Alabama Bill Could Make Youth Transgender Hormones Illegal In State, Believes It's 'Abuse'
An Alabama bill moved forward Wednesday to make it illegal for a doctor to prescribe or perform various transgender medical services on children. The House Judiciary Committee approved the Senate-passed legislation and it will now move to the state's House of Representatives.
“Adults are free to do what they want to do, but this is to protect children,” said Rep. Wes Allen, the Republican who sponsored the bill.
“It is not good to give these medications to these children, and I consider it to where it would be abuse to give these long-term drugs to these children,” he said.
If passed, any type of puberty blockers, hormone treatment, gender-changing surgery, or any other transgender service for people 18 years old or younger would be punishable by up to 10 years in prison.
Opponents of the bill believe that such decisions should be left to families and doctors. There are similar bills across the U.S. that are being considered by state legislatures.
“We’re not supposed to be here substituting our judgment for the person that’s closest to that child, and I personally believe that this legislation doesn’t protect children, it endangers them, and it also endangers their families,” said Rep. Chris England, a Democrat from Tuscaloosa.

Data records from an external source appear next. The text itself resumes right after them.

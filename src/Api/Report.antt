-- ===== src/Api/Report.antt =====
-- api/v1/strategy_report.py: the report, the trades and the benchmark curve of one strategy.
pub mod Laws
pub mod Ingested
use quant_api_gateway.Prelude.{
  ℕ, zero, suc, ◌+◌, ◌-◌, ◌*◌, ◌/◌, ◌%◌, ◌^◌, ◌≤◌, ◌<◌, String, ◌<>◌, ◌≡◌, refl, sym, ap, ◌∙◌,
  fun_ext, ◌≢◌, ◌↔◌, ◌⊎◌, inl, inr, Bool, true, false, not, ◌&&◌, ◌||◌, Option, none, some, List,
  [], ◌∷◌, ◌++◌, map, arith, str_eq, eq_iff, eq_refl, ltb, leb, ◌==◌, if◌then◌else◌, ltb→lt, lt→ltb,
  leb→le, Bool-cases, Option-cases, is_none, one_of, length, Result, ok, err,
}
use quant_api_gateway.Http.{Message, HttpException, plain}
use quant_api_gateway.Effects.{M, Exception, pure, raise, catch, ◌>>=◌, ◌>>◌}
use quant_api_gateway.Cache.{Redis, Model}
use quant_api_gateway.Api.{World, on_db, ensure_active, or_500, or_404, cache_aside}

-- services/strategy_report_service.py and the pools as these handlers use them: calls on the state
-- `D` of the two databases. Dates are their ISO texts; `parse` and `dump` of the responses are
-- Pydantic's. `str` is `str(exc)`.
pub record Service (D : Type 0) : Type 1 where
  pub StrategyReportResponse : Type 0
  pub TradeLogPage : Type 0
  pub BenchmarkPoint : Type 0
  pub report_model : Model StrategyReportResponse
  pub page_model : Model TradeLogPage
  pub curve_model : Model (List BenchmarkPoint)
  pub get_pool : M D (Unit {0})
  pub get_csm_set_pool : M D (Unit {0})
  pub get_latest_report : String → M D StrategyReportResponse
  pub get_report_for_date : String → String → M D StrategyReportResponse
  pub list_trades : String → Option String → Option String → ℕ → ℕ → M D TradeLogPage
  pub get_benchmark_curve :
      String → Option String → Option String → Bool → M D (List BenchmarkPoint)
  pub str : Exception → Message

-- `repr` of an optional date, a number and a Boolean, and `hashlib.sha1(…).hexdigest()[:16]`.
pub record Python : Type 0 where
  pub repr_date : Option String → String
  pub repr_nat : ℕ → String
  pub repr_bool : Bool → String
  pub digest : String → String

-- The fields of `Settings` that the handlers read.
pub record Settings : Type 0 where
  pub strategy_report_ttl_seconds : ℕ
  pub trade_log_ttl_seconds : ℕ
  pub benchmark_curve_ttl_seconds : ℕ

-- `"|".join(f"{k}={parts[k]!r}" for k in sorted(parts))`, of parts in the order of their keys.
abbrev pub joined : List (String × String) → String
joined [] = ""
joined ((k, v) ∷ []) = k <> "=" <> v
joined ((k, v) ∷ part ∷ parts) = k <> "=" <> v <> "|" <> joined (part ∷ parts)

-- `target_date.isoformat() if target_date else 'latest'`
abbrev pub date_or_latest : Option String → String
date_or_latest none = "latest"
date_or_latest (some date) = date

module _ (R : Redis) (D : Type 0) (S : Service D) (py : Python) (settings : Settings) where
  abbrev params_hash : List (String × String) → String
  params_hash parts = py.digest (joined parts)

  abbrev pub report_key : String → Option String → String
  report_key strategy_id target_date =
      "gateway:strategy:" <> strategy_id <> ":report:" <> date_or_latest target_date

  abbrev pub trades_key : String → Option String → Option String → ℕ → ℕ → String
  trades_key strategy_id from_date to_date limit offset =
      let parts =
        ("from_date", py.repr_date from_date)
        ∷ ("limit", py.repr_nat limit)
        ∷ ("offset", py.repr_nat offset)
        ∷ ("to_date", py.repr_date to_date)
        ∷ [] in
      "gateway:strategy:" <> strategy_id <> ":trades:" <> params_hash parts

  abbrev benchmark_key : String → Option String → Option String → Bool → String
  benchmark_key strategy_id from_date to_date normalize =
      let parts =
        ("from_date", py.repr_date from_date)
        ∷ ("normalize", py.repr_bool normalize)
        ∷ ("to_date", py.repr_date to_date)
        ∷ [] in
      "gateway:strategy:" <> strategy_id <> ":benchmark:" <> params_hash parts

  abbrev read_report : String → Option String → M D S.StrategyReportResponse
  read_report strategy_id none = S.get_latest_report strategy_id
  read_report strategy_id (some target_date) = S.get_report_for_date strategy_id target_date

  abbrev pub load_report : String → Option String → M (World R D) S.StrategyReportResponse
  load_report strategy_id target_date = do
    on_db R D S.get_pool
    or_500 R D "failed to load report for {!r}" (strategy_id ∷ [])
        (or_404 R D S.str (on_db R D (read_report strategy_id target_date)))

  unfoldable pub get_strategy_report :
      String → Option String → M (World R D) S.StrategyReportResponse
  get_strategy_report strategy_id target_date = do
    ensure_active R D strategy_id
    cache_aside R D (report_key strategy_id target_date) S.report_model
        settings.strategy_report_ttl_seconds (load_report strategy_id target_date)

  abbrev pub load_trades :
      String → Option String → Option String → ℕ → ℕ → M (World R D) S.TradeLogPage
  load_trades strategy_id from_date to_date limit offset = do
    on_db R D S.get_csm_set_pool
    or_500 R D "failed to load trade log for {!r}" (strategy_id ∷ [])
        (on_db R D (S.list_trades strategy_id from_date to_date limit offset))

  unfoldable pub list_strategy_trades :
      String → Option String → Option String → ℕ → ℕ → M (World R D) S.TradeLogPage
  list_strategy_trades strategy_id from_date to_date limit offset = do
    ensure_active R D strategy_id
    cache_aside R D (trades_key strategy_id from_date to_date limit offset) S.page_model
        settings.trade_log_ttl_seconds (load_trades strategy_id from_date to_date limit offset)

  abbrev load_benchmark :
      String → Option String → Option String → Bool → M (World R D) (List S.BenchmarkPoint)
  load_benchmark strategy_id from_date to_date normalize = do
    on_db R D S.get_csm_set_pool
    or_500 R D "failed to load benchmark curve for {!r}" (strategy_id ∷ [])
        (on_db R D (S.get_benchmark_curve strategy_id from_date to_date normalize))

  unfoldable pub get_strategy_benchmark_curve :
      String → Option String → Option String → Bool → M (World R D) (List S.BenchmarkPoint)
  get_strategy_benchmark_curve strategy_id from_date to_date normalize = do
    ensure_active R D strategy_id
    cache_aside R D (benchmark_key strategy_id from_date to_date normalize) S.curve_model
        settings.benchmark_curve_ttl_seconds
        (load_benchmark strategy_id from_date to_date normalize)
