-- ===== src/Api/Backtest.antt =====
-- api/v2/engines/backtest.py: the second version's endpoints of one strategy's report, beside those of
-- the first.
use quant_api_gateway.Prelude.{
  ℕ, String, ◌<>◌, ◌≡◌, refl, Bool, Option, none, some, List, [], ◌∷◌, if◌then◌else◌,
}
use quant_api_gateway.Effects.{
  M, pure, raise, catch, is_service_error, is_not_found_error, http, ◌>>=◌, ◌>>◌,
}
use quant_api_gateway.Registry.{get_registry, by_id}
use quant_api_gateway.Cache.{Redis}
use quant_api_gateway.Api.{
  World, abort, is_inactive, on_db, on_registry, cache_aside, ensure_active,
}
use quant_api_gateway.Api.Report.{
  Service, Python, Settings, joined, date_or_latest, get_strategy_report, list_strategy_trades,
  get_strategy_benchmark_curve,
}

module _ (R : Redis) (D : Type 0) (S : Service D) (py : Python) (settings : Settings) where
  abbrev refuse_inactive : String → M (World R D) (Unit {0})
  refuse_inactive strategy_id = do
    registry ← on_registry R D get_registry
    let cfg = by_id registry strategy_id
    if is_inactive cfg
        then raise (abort 404 "Strategy {!r} not found" (strategy_id ∷ []))
        else pure tt

  pub get_strategy_report_v2 : String → Option String → M (World R D) S.StrategyReportResponse
  get_strategy_report_v2 strategy_id target_date = do
    refuse_inactive strategy_id
    let key = "gateway:strategy:" <> strategy_id <> ":report:" <> date_or_latest target_date
    cache_aside R D key S.report_model settings.strategy_report_ttl_seconds (
        on_db R D S.get_pool
        >> catch
            (catch
              (on_db R D (elim target_date [
                | none ↦ S.get_latest_report strategy_id
                | some date ↦ S.get_report_for_date strategy_id date
              ]))
              (λ exc.
                if is_not_found_error exc
                then some (raise (http (record { status_code = 404; detail = S.str exc })))
                else none))
            (λ exc.
              if is_service_error exc
              then some (raise (abort 500 "failed to load report for {!r}" (strategy_id ∷ [])))
              else none))

  pub list_strategy_trades_v2 :
      String → Option String → Option String → ℕ → ℕ → M (World R D) S.TradeLogPage
  list_strategy_trades_v2 strategy_id from_date to_date limit offset = do
    refuse_inactive strategy_id
    let key_hash = py.digest (
        joined (
          ("from_date", py.repr_date from_date)
          ∷ ("limit", py.repr_nat limit)
          ∷ ("offset", py.repr_nat offset)
          ∷ ("to_date", py.repr_date to_date)
          ∷ []))
    cache_aside R D ("gateway:strategy:" <> strategy_id <> ":trades:" <> key_hash) S.page_model
        settings.trade_log_ttl_seconds
        (on_db R D S.get_csm_set_pool
          >> catch (on_db R D (S.list_trades strategy_id from_date to_date limit offset)) (λ exc.
            if is_service_error exc
            then some (raise (abort 500 "failed to load trade log for {!r}" (strategy_id ∷ [])))
            else none))

  pub get_strategy_benchmark_curve_v2 :
      String → Option String → Option String → Bool → M (World R D) (List S.BenchmarkPoint)
  get_strategy_benchmark_curve_v2 strategy_id from_date to_date normalize = do
    refuse_inactive strategy_id
    let key_hash = py.digest (
        joined (
          ("from_date", py.repr_date from_date)
          ∷ ("normalize", py.repr_bool normalize)
          ∷ ("to_date", py.repr_date to_date)
          ∷ []))
    cache_aside R D ("gateway:strategy:" <> strategy_id <> ":benchmark:" <> key_hash) S.curve_model
        settings.benchmark_curve_ttl_seconds
        (on_db R D S.get_csm_set_pool
          >> catch (on_db R D (S.get_benchmark_curve strategy_id from_date to_date normalize))
              (λ exc.
                if is_service_error exc
                then some
                    (raise (abort 500 "failed to load benchmark curve for {!r}" (strategy_id ∷ [])))
                else none))

  -- The report endpoint of version 2 answers and acts as that of version 1, latest or for a date.
  report_v2 :
      (id : String) (target_date : Option String) (w : World R D)
      → get_strategy_report_v2 id target_date w
        ≡ get_strategy_report R D S py settings id target_date w
  unfolding get_strategy_report_v2 get_strategy_report ensure_active
  report_v2 id none w = refl
  report_v2 id (some date) w = refl

  -- The trades and benchmark-curve endpoints of version 2 answer and act as those of version 1.
  trades_v2 :
      (id : String) (from_date to_date : Option String) (limit offset : ℕ) (normalize : Bool)
      (w : World R D)
      → (list_strategy_trades_v2 id from_date to_date limit offset w
          ≡ list_strategy_trades R D S py settings id from_date to_date limit offset w)
        × (get_strategy_benchmark_curve_v2 id from_date to_date normalize w
            ≡ get_strategy_benchmark_curve R D S py settings id from_date to_date normalize w)
  unfolding list_strategy_trades_v2 list_strategy_trades get_strategy_benchmark_curve_v2
      get_strategy_benchmark_curve ensure_active
  trades_v2 id from_date to_date limit offset normalize w = (refl, refl)

  -- The three endpoints of version 2 answer and act as those of version 1, on a report latest or for
  -- a date.
  pub backtest_v2 :
      (id : String) (target_date from_date to_date : Option String) (limit offset : ℕ)
      (normalize : Bool) (w : World R D)
      → (get_strategy_report_v2 id target_date w
          ≡ get_strategy_report R D S py settings id target_date w)
        × (list_strategy_trades_v2 id from_date to_date limit offset w
            ≡ list_strategy_trades R D S py settings id from_date to_date limit offset w)
        × (get_strategy_benchmark_curve_v2 id from_date to_date normalize w
            ≡ get_strategy_benchmark_curve R D S py settings id from_date to_date normalize w)
  backtest_v2 id target_date from_date to_date limit offset normalize w =
      let (trades, benchmark) = trades_v2 id from_date to_date limit offset normalize w in
      (report_v2 id target_date w, trades, benchmark)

The Human Rights Campaign, the nation’s largest LGBTQ civil rights organization, has publicly opposed the bill.
“Today, Alabama has chosen, against the best advice of leading doctors across the country, to restrict and criminalize critically important care that transgender youth need desperately. This decision greatly restricts the rights of parents and medical providers to make health care decisions on a case-by-case basis, with the goal of reducing the physical and emotional distress experienced by many transgender children,” Carmarion Anderson-Harvey, Alabama director for the Human Rights Campaign, said in a statement.